Work to complete => For the entries below, report every line that includes the word "link".

Source information =>
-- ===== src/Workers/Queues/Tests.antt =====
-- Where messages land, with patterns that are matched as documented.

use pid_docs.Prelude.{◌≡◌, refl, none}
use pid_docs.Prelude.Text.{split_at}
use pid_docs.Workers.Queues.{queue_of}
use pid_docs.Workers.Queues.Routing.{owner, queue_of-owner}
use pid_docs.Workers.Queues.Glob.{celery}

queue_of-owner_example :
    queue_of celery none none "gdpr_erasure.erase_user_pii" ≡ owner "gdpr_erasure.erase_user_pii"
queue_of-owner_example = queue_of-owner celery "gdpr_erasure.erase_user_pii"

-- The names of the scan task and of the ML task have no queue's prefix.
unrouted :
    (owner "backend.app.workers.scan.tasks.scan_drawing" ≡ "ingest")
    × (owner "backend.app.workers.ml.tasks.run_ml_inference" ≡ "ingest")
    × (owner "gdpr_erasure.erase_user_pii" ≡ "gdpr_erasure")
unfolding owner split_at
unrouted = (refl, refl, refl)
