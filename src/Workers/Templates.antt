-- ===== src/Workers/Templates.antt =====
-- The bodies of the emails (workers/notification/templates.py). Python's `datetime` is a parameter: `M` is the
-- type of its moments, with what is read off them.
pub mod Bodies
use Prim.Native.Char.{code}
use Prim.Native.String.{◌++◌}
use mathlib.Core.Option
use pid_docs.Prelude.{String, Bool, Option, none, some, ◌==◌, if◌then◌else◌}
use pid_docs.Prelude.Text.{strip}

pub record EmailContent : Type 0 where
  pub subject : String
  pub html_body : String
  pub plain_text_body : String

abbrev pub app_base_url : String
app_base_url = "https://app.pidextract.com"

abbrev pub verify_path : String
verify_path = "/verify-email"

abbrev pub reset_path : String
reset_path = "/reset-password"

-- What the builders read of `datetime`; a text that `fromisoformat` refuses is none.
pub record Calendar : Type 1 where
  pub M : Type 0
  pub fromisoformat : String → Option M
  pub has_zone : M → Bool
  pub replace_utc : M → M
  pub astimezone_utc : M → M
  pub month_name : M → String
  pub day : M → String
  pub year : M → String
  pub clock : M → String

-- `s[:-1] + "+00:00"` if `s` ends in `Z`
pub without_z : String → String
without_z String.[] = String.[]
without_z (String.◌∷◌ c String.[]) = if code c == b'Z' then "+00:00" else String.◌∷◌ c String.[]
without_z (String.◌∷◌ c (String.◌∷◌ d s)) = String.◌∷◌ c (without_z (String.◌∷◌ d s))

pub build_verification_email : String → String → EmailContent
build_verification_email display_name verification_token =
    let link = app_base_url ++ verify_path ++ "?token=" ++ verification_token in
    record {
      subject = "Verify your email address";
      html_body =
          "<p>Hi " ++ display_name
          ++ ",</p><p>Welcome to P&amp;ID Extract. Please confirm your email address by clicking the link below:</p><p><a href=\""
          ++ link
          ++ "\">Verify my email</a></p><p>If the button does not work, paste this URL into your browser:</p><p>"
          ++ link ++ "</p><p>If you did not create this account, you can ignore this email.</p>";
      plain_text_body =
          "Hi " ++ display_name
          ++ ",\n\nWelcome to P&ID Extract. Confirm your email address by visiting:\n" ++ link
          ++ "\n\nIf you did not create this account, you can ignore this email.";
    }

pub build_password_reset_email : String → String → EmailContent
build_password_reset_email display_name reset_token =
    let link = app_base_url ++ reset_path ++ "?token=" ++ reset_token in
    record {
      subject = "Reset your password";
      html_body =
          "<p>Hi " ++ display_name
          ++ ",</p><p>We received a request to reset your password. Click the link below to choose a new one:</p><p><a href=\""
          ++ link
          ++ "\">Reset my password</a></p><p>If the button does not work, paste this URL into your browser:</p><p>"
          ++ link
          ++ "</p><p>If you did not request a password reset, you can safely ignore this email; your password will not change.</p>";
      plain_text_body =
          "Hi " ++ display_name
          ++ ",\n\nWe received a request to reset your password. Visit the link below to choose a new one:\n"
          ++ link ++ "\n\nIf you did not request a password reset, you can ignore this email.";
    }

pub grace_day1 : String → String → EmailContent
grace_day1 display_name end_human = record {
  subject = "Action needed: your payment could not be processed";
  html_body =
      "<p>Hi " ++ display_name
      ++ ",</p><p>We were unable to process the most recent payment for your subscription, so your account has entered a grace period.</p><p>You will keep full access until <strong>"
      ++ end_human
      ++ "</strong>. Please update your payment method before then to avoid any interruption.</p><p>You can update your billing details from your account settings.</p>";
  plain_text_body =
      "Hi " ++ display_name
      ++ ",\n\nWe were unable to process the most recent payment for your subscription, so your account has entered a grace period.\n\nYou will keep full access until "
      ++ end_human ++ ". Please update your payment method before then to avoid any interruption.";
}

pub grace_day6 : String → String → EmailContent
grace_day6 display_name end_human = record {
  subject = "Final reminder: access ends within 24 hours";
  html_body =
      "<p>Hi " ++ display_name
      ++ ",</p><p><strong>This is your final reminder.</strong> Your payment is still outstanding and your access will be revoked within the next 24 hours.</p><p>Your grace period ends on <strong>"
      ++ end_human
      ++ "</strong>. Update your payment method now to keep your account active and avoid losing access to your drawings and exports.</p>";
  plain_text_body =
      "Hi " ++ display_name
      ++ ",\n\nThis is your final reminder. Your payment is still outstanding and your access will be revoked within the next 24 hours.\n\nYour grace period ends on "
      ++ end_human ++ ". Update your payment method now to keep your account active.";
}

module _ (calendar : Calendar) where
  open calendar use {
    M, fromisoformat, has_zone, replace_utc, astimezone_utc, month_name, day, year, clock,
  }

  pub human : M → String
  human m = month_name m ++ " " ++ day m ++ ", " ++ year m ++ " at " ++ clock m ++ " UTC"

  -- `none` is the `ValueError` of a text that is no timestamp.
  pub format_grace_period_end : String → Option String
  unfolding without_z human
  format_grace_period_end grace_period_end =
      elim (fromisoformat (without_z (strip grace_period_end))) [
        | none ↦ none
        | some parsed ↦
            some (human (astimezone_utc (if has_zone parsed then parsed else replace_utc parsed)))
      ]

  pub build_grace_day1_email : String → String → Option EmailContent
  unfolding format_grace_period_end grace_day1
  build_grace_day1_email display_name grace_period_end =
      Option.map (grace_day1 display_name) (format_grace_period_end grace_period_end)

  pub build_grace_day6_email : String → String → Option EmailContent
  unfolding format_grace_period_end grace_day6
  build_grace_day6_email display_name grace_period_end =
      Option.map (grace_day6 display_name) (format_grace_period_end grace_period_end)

Answer for the task =>
    let link = app_base_url ++ verify_path ++ "?token=" ++ verification_token in
          ++ ",</p><p>Welcome to P&amp;ID Extract. Please confirm your email address by clicking the link below:</p><p><a href=\""
          ++ link
          ++ link ++ "</p><p>If you did not create this account, you can ignore this email.</p>";
          ++ ",\n\nWelcome to P&ID Extract. Confirm your email address by visiting:\n" ++ link
    let link = app_base_url ++ reset_path ++ "?token=" ++ reset_token in
          ++ ",</p><p>We received a request to reset your password. Click the link below to choose a new one:</p><p><a href=\""
          ++ link
          ++ link
          ++ ",\n\nWe received a request to reset your password. Visit the link below to choose a new one:\n"
          ++ link ++ "\n\nIf you did not request a password reset, you can ignore this email.";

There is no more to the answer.